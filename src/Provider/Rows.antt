-- ===== src/Provider/Rows.antt =====
-- The rows of the CSV file as `csv.DictReader` and data-provider/csv_reader.py hold them, and the
-- timestamps in them. A field is None where a line is too short.
use Prim.Native.Char.{code}
use Prim.Native.String.{◌++◌}
use radiation_tracking.Prelude.{String, Option, none, List, [], ◌∷◌, ◌==◌, str_eq, if◌then◌else◌}
use radiation_tracking.Python.Text.{strip, replace_z, prefix, suffix}

abbrev pub CsvRow : Type 0
CsvRow = List (String × Option String)

-- `row.get(k, default)`
unfoldable pub field_or : CsvRow → String → Option String → Option String
field_or [] k default = default
field_or ((j, v) ∷ row) k default = if str_eq j k then v else field_or row k default

-- `row.get(k)`
unfoldable pub csv_field : CsvRow → String → Option String
unfolding field_or
csv_field row k = field_or row k none

-- `d[k] = v`
unfoldable pub set_field {ℓ} : {A : Type ℓ} → List (String × A) → String → A → List (String × A)
set_field [] k v = (k, v) ∷ []
set_field ((j, w) ∷ d) k v =
    let rest = set_field d k v in if str_eq j k then (j, v) ∷ d else (j, w) ∷ rest

-- The eleventh character, where it is a space, becomes a "T".
unfoldable pub date_separator : String → String → String
date_separator ts String.[] = ts
date_separator ts (String.◌∷◌ c rest) = if code c == 32 then prefix 10 ts ++ ("T" ++ rest) else ts

-- `_parse_ts`
unfoldable pub normalise_ts : String → String
unfolding date_separator
normalise_ts raw = let ts = replace_z (strip raw) in date_separator ts (suffix 10 ts)
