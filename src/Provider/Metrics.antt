-- ===== src/Provider/Metrics.antt =====
-- data-provider/metrics.py: the counters of the producer. The Prometheus mirrors are left out;
-- `monotonic()` gives the elapsed seconds as an argument.
use radiation_tracking.Prelude.{ℕ, ◌+◌, Bool, true, false, not, Option, none, some, if◌then◌else◌}
use radiation_tracking.Prelude.Int.{ℤ, pos, leb_ℤ}
use radiation_tracking.Python.{Number}

pub record ProducerMetrics (F : Type 0) : Type 0 where
  pub sent : ℕ
  pub discarded : ℕ
  pub errors : ℕ
  pub bytes : ℕ
  pub last_event_ts : Option F

pub record MetricsSnapshot (F : Type 0) : Type 0 where
  pub snapshot_sent : ℕ
  pub snapshot_discarded : ℕ
  pub snapshot_errors : ℕ
  pub bytes_sent : ℕ
  pub elapsed_seconds : F
  pub events_per_second : F
  pub last_event_timestamp : Option F

module _ {F : Type 0} where
  unfoldable pub new_producer_metrics : ProducerMetrics F
  new_producer_metrics = record {
    sent = 0;
    discarded = 0;
    errors = 0;
    bytes = 0;
    last_event_ts = none;
  }

  abbrev pub newer : Option F → Option F → Option F
  newer none ts = ts
  newer (some uploaded) ts = some uploaded

  unfoldable pub record_sent : ProducerMetrics F → Option F → ProducerMetrics F
  record_sent m uploaded_ts = record m {
    sent = m.sent + 1;
    last_event_ts = newer uploaded_ts m.last_event_ts;
  }

  unfoldable pub record_discarded : ProducerMetrics F → ProducerMetrics F
  record_discarded m = record m { discarded = m.discarded + 1 }

  unfoldable pub record_error : ProducerMetrics F → ProducerMetrics F
  record_error m = record m { errors = m.errors + 1 }

  unfoldable pub record_bytes : ProducerMetrics F → ℕ → ProducerMetrics F
  record_bytes m n = record m { bytes = m.bytes + n }

module _ {F : Type 0} ⦃n : Number F⦄ where
  unfoldable pub rate_of : ProducerMetrics F → F → F
  rate_of m elapsed = if n.lt n.zero elapsed then n.div (n.of_ℕ m.sent) elapsed else n.zero

  unfoldable pub snapshot : ProducerMetrics F → F → MetricsSnapshot F
  unfolding rate_of
  snapshot m elapsed = record {
    snapshot_sent = m.sent;
    snapshot_discarded = m.discarded;
    snapshot_errors = m.errors;
    bytes_sent = m.bytes;
    elapsed_seconds = elapsed;
    events_per_second = rate_of m elapsed;
    last_event_timestamp = m.last_event_ts;
  }

-- Whether the endpoint is served: with a positive port, the library at hand, and the port free.
unfoldable pub start_http_server : Bool → (ℤ → Bool) → ℤ → Bool
start_http_server prometheus_available binds port =
    if leb_ℤ port (pos 0)
    then false
    else if not prometheus_available
    then false
    else if binds port
    then true
    else false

Activity :: Return each line of the data exactly as it was given.

Response to the task ::
filename src/Provider/Rows.antt
-- ===== src/Provider/Rows.antt =====
-- The rows of the CSV file as `csv.DictReader` and data-provider/csv_reader.py hold them, and the
-- timestamps in them. A field is None where a line is too short.
use Prim.Native.Char.{code}
use Prim.Native.String.{◌++◌}
use radiation_tracking.Prelude.{String, Option, none, List, [], ◌∷◌, ◌==◌, str_eq, if◌then◌else◌}
use radiation_tracking.Python.Text.{strip, replace_z, prefix, suffix}

abbrev pub CsvRow : Type 0
CsvRow = List (String × Option String)

-- `row.get(k, default)`
unfoldable pub field_or : CsvRow → String → Option String → Option String
field_or [] k default = default
field_or ((j, v) ∷ row) k default = if str_eq j k then v else field_or row k default

-- `row.get(k)`
unfoldable pub csv_field : CsvRow → String → Option String
unfolding field_or
csv_field row k = field_or row k none

-- `d[k] = v`
unfoldable pub set_field {ℓ} : {A : Type ℓ} → List (String × A) → String → A → List (String × A)
set_field [] k v = (k, v) ∷ []
set_field ((j, w) ∷ d) k v =
    let rest = set_field d k v in if str_eq j k then (j, v) ∷ d else (j, w) ∷ rest

-- The eleventh character, where it is a space, becomes a "T".
unfoldable pub date_separator : String → String → String
date_separator ts String.[] = ts
date_separator ts (String.◌∷◌ c rest) = if code c == 32 then prefix 10 ts ++ ("T" ++ rest) else ts

-- `_parse_ts`
unfoldable pub normalise_ts : String → String
unfolding date_separator
normalise_ts raw = let ts = replace_z (strip raw) in date_separator ts (suffix 10 ts)
filename src/Provider/Metrics.antt
-- ===== src/Provider/Metrics.antt =====
-- data-provider/metrics.py: the counters of the producer. The Prometheus mirrors are left out;
-- `monotonic()` gives the elapsed seconds as an argument.
use radiation_tracking.Prelude.{ℕ, ◌+◌, Bool, true, false, not, Option, none, some, if◌then◌else◌}
use radiation_tracking.Prelude.Int.{ℤ, pos, leb_ℤ}
use radiation_tracking.Python.{Number}

pub record ProducerMetrics (F : Type 0) : Type 0 where
  pub sent : ℕ
  pub discarded : ℕ
  pub errors : ℕ
  pub bytes : ℕ
  pub last_event_ts : Option F

pub record MetricsSnapshot (F : Type 0) : Type 0 where
  pub snapshot_sent : ℕ
  pub snapshot_discarded : ℕ
  pub snapshot_errors : ℕ
  pub bytes_sent : ℕ
  pub elapsed_seconds : F
  pub events_per_second : F
  pub last_event_timestamp : Option F

module _ {F : Type 0} where
  unfoldable pub new_producer_metrics : ProducerMetrics F
  new_producer_metrics = record {
    sent = 0;
    discarded = 0;
    errors = 0;
    bytes = 0;
    last_event_ts = none;
  }

  abbrev pub newer : Option F → Option F → Option F
  newer none ts = ts
  newer (some uploaded) ts = some uploaded

  unfoldable pub record_sent : ProducerMetrics F → Option F → ProducerMetrics F
  record_sent m uploaded_ts = record m {
    sent = m.sent + 1;
    last_event_ts = newer uploaded_ts m.last_event_ts;
  }

  unfoldable pub record_discarded : ProducerMetrics F → ProducerMetrics F
  record_discarded m = record m { discarded = m.discarded + 1 }

  unfoldable pub record_error : ProducerMetrics F → ProducerMetrics F
  record_error m = record m { errors = m.errors + 1 }

  unfoldable pub record_bytes : ProducerMetrics F → ℕ → ProducerMetrics F
  record_bytes m n = record m { bytes = m.bytes + n }

module _ {F : Type 0} ⦃n : Number F⦄ where
  unfoldable pub rate_of : ProducerMetrics F → F → F
  rate_of m elapsed = if n.lt n.zero elapsed then n.div (n.of_ℕ m.sent) elapsed else n.zero

  unfoldable pub snapshot : ProducerMetrics F → F → MetricsSnapshot F
  unfolding rate_of
  snapshot m elapsed = record {
    snapshot_sent = m.sent;
    snapshot_discarded = m.discarded;
    snapshot_errors = m.errors;
    bytes_sent = m.bytes;
    elapsed_seconds = elapsed;
    events_per_second = rate_of m elapsed;
    last_event_timestamp = m.last_event_ts;
  }

-- Whether the endpoint is served: with a positive port, the library at hand, and the port free.
unfoldable pub start_http_server : Bool → (ℤ → Bool) → ℤ → Bool
start_http_server prometheus_available binds port =
    if leb_ℤ port (pos 0)
    then false
    else if not prometheus_available
    then false
    else if binds port
    then true
    else false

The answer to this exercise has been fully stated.